Happy Land is a Philippine television informative children show broadcast by GMA Network. Hosted by Love Añover, Patricia Gayod and Jermaine Ulgasan, it premiered on June 6, 2009. The show concluded on April 3, 2010 with a total of 44 episodes.

Overview
The shortage of public early childhood care and development institutions in the Philippines challenged GMA News and Public Affairs to produce a definitive pre-school education program with the objective of shaping a whole new generation's viewpoint.

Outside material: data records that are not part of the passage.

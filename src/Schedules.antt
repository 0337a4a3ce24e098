-- ===== src/Schedules.antt =====
-- The schedules that users keep: crates/api/src/routes/schedules.rs and crates/api/src/schedule_time.rs. Cron expressions,
-- dates and time zones are other packages' (`Calendar`); an instant is a number. A row of `schedules` is
-- what the scheduler (`Scheduler`) and the playout read. A query does not fail.
pub mod Rows
pub mod NextRun
pub mod Times
pub mod Saved
mod Examples
use shed.Schedules.Rows.{UpsertSchedule, ScheduleRow, ItemRow, Planner, Schedule}
use shed.Schedules.NextRun.{Calendar, six, parse_tz, next_run_after}
use shed.Prelude.{
  ◌==◌, if◌then◌else◌, is_some, unwrap_or, keep_if, any, find?, ℕ, suc, String, ◌⊎◌, inl, inr, Bool,
  not, Option, none, some, List, [], ◌∷◌, ◌++◌, map, ◌>>=◌, concat, decimal, string_eq,
}
use shed.Types.{TriggerKind, once, cron}
use shed.Types.EndBehavior as EndBehavior
use shed.Types.EndBehavior.{EndBehavior}
use shed.Types.ScheduleItemKind as ScheduleItemKind
use shed.Types.ScheduleItemKind.{ScheduleItemKind}
use shed.Types.MuxshedError.{MuxshedError, not_found, bad_request, internal}
use shed.Scheduler as Scheduler

unfoldable pub validate : Calendar → TriggerKind → Option MuxshedError
validate c (cron expr) =
    if c.cron_valid (six expr) then none else some (bad_request "invalid cron expression")
validate c (once moment) =
    if is_some (c.parse_local moment) then none else some (bad_request "invalid datetime")

-- The columns of a trigger, and the trigger of a row.
unfoldable pub trigger_cols : TriggerKind → String × (Option String × Option String)
trigger_cols (once moment) = ("once", (some moment, none))
trigger_cols (cron expr) = ("cron", (none, some expr))

unfoldable pub trigger_of : String → Option String → Option String → TriggerKind
trigger_of kind moment expr =
    if string_eq kind "cron" then cron (unwrap_or expr "") else once (unwrap_or moment "")

abbrev pub system_tz : Calendar → Planner → String
system_tz c p = parse_tz c (unwrap_or p.system_timezone "UTC")

-- The row that a request writes.
unfoldable pub row_of : Calendar → String → ℕ → ℕ → UpsertSchedule → ScheduleRow
row_of c tz now id u =
    let (kind, (moment, expr)) = trigger_cols u.trigger in
    record {
      id = id;
      name = u.name;
      enabled = if u.enabled then 1 else 0;
      trigger_kind = kind;
      trigger_at = moment;
      trigger_cron = expr;
      destination_ids = some u.destination_ids;
      standby_asset_id = u.standby_asset_id;
      end_behavior = EndBehavior.as_str u.end_behavior;
      until_at = u.until_at;
      next_run_at = next_run_after c tz u.trigger now;
    }

unfoldable pub item_rows : ℕ → ℕ → List (ScheduleItemKind × ℕ) → List ItemRow
item_rows schedule_id i [] = []
item_rows schedule_id i ((kind, ref_id) ∷ items) =
    record {
      schedule_id = schedule_id;
      position = i;
      item_kind = ScheduleItemKind.as_str kind;
      ref_id = ref_id;
    }
    ∷ item_rows schedule_id (suc i) items

abbrev pub items_of : ℕ → List ItemRow → List ItemRow
items_of id rows = keep_if (λ r. r.schedule_id == id) rows

unfoldable pub replace_items : ℕ → List (ScheduleItemKind × ℕ) → Planner → Planner
replace_items id items p = record p {
  items = keep_if (λ r. not (r.schedule_id == id)) p.items ++ item_rows id 0 items;
}

abbrev pub to_item : ItemRow → ℕ × (ScheduleItemKind × ℕ)
to_item r = (r.position, (ScheduleItemKind.from_db r.item_kind, r.ref_id))

unfoldable pub read_row : List (ℕ × (ScheduleItemKind × ℕ)) → ScheduleRow → Schedule
read_row items r = record {
  id = r.id;
  name = r.name;
  enabled = not (r.enabled == 0);
  trigger = trigger_of r.trigger_kind r.trigger_at r.trigger_cron;
  destination_ids = unwrap_or r.destination_ids [];
  standby_asset_id = r.standby_asset_id;
  end_behavior = EndBehavior.from_db r.end_behavior;
  until_at = r.until_at;
  items = items;
  next_run_at = r.next_run_at;
}

-- `order` is the `ORDER BY position`.
unfoldable pub load_schedule : (List ItemRow → List ItemRow) → ℕ → Planner → Option Schedule
load_schedule order id p =
    find? (λ r. r.id == id) p.schedules
    >>= (λ r. some (read_row (map to_item (order (items_of id p.items))) r))

abbrev pub nudge : ℕ → Planner → Planner
nudge now p = record p { schedule_nudge = now }

abbrev pub answer : MuxshedError → Option Schedule → MuxshedError ⊎ Schedule
answer e none = inl e
answer e (some s) = inr s

-- `id` is new.
unfoldable pub create :
    Calendar
    → (List ItemRow → List ItemRow)
    → ℕ
    → ℕ
    → UpsertSchedule
    → Planner
    → (MuxshedError ⊎ Schedule) × Planner
create c order now id u p = elim (validate c u.trigger) [
  | some e ↦ (inl e, p)
  | none ↦
      let inserted = record p {
        schedules = p.schedules ++ (row_of c (system_tz c p) now id u ∷ []);
      } in
      let saved = nudge now (replace_items id u.items inserted) in
      (answer (internal "load") (load_schedule order id saved), saved)
]

abbrev pub has_schedule : ℕ → Planner → Bool
has_schedule id p = any (λ r. r.id == id) p.schedules

abbrev pub no_schedule : ℕ → MuxshedError
no_schedule id = not_found (concat ("schedule " ∷ decimal id ∷ []))

unfoldable pub update :
    Calendar
    → (List ItemRow → List ItemRow)
    → ℕ
    → ℕ
    → UpsertSchedule
    → Planner
    → (MuxshedError ⊎ Schedule) × Planner
update c order now id u p = elim (validate c u.trigger) [
  | some e ↦ (inl e, p)
  | none ↦
      let row = row_of c (system_tz c p) now id u in
      let written = record p { schedules = map (λ r. if r.id == id then row else r) p.schedules } in
      let saved = nudge now (replace_items id u.items written) in
      if has_schedule id p
      then (answer (not_found (decimal id)) (load_schedule order id saved), saved)
      else (inl (no_schedule id), p)
]

-- The items go with their schedule (`ON DELETE CASCADE`).
unfoldable pub delete : ℕ → ℕ → Planner → Option MuxshedError × Planner
delete now id p =
    if has_schedule id p
    then (
      none,
      nudge now (record p {
        schedules = keep_if (λ r. not (r.id == id)) p.schedules;
        items = keep_if (λ r. not (r.schedule_id == id)) p.items;
      }),
    )
    else (some (no_schedule id), p)

unfoldable pub run_now : ℕ → Planner → Option MuxshedError × Planner
run_now id p =
    if is_some p.active_schedule
    then (some (bad_request "already live"), p)
    else (none, record p { started = id ∷ p.started })

abbrev pub recomputed_row : Calendar → String → ℕ → ScheduleRow → ScheduleRow
recomputed_row c tz now r =
    if r.enabled == 1
    then record r {
      next_run_at = next_run_after c tz (trigger_of r.trigger_kind r.trigger_at r.trigger_cron) now;
    }
    else r

-- The rows that are enabled get their next run anew.
unfoldable pub recompute : Calendar → String → ℕ → List ScheduleRow → List ScheduleRow
recompute c tz now rows = map (recomputed_row c tz now) rows

unfoldable pub set_timezone : Calendar → ℕ → String → Planner → Option MuxshedError × Planner
set_timezone c now timezone p =
    let stored = record p { system_timezone = some timezone } in
    if c.zone_known timezone
    then (
      none,
      nudge now (record stored { schedules = recompute c (system_tz c stored) now p.schedules }),
    )
    else (some (bad_request "unknown timezone"), p)

-- What the scheduler reads of a row.
abbrev pub scheduled : ScheduleRow → Scheduler.Schedule
scheduled r = record {
  id = r.id;
  trigger = trigger_of r.trigger_kind r.trigger_at r.trigger_cron;
  next_run_at = r.next_run_at;
  enabled = r.enabled == 1;
}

The United Nations Educational, Scientific, and Cultural Organization or (UNESCO) Education for All by 2015 report states that pre-primary education in the Philippines is available only to 41% of the total population, as most pre-schools are privately owned and concentrated in highly urbanized areas.
 
Happy Land's goal is to inspire young viewers to discover happiness despite the bad things in life.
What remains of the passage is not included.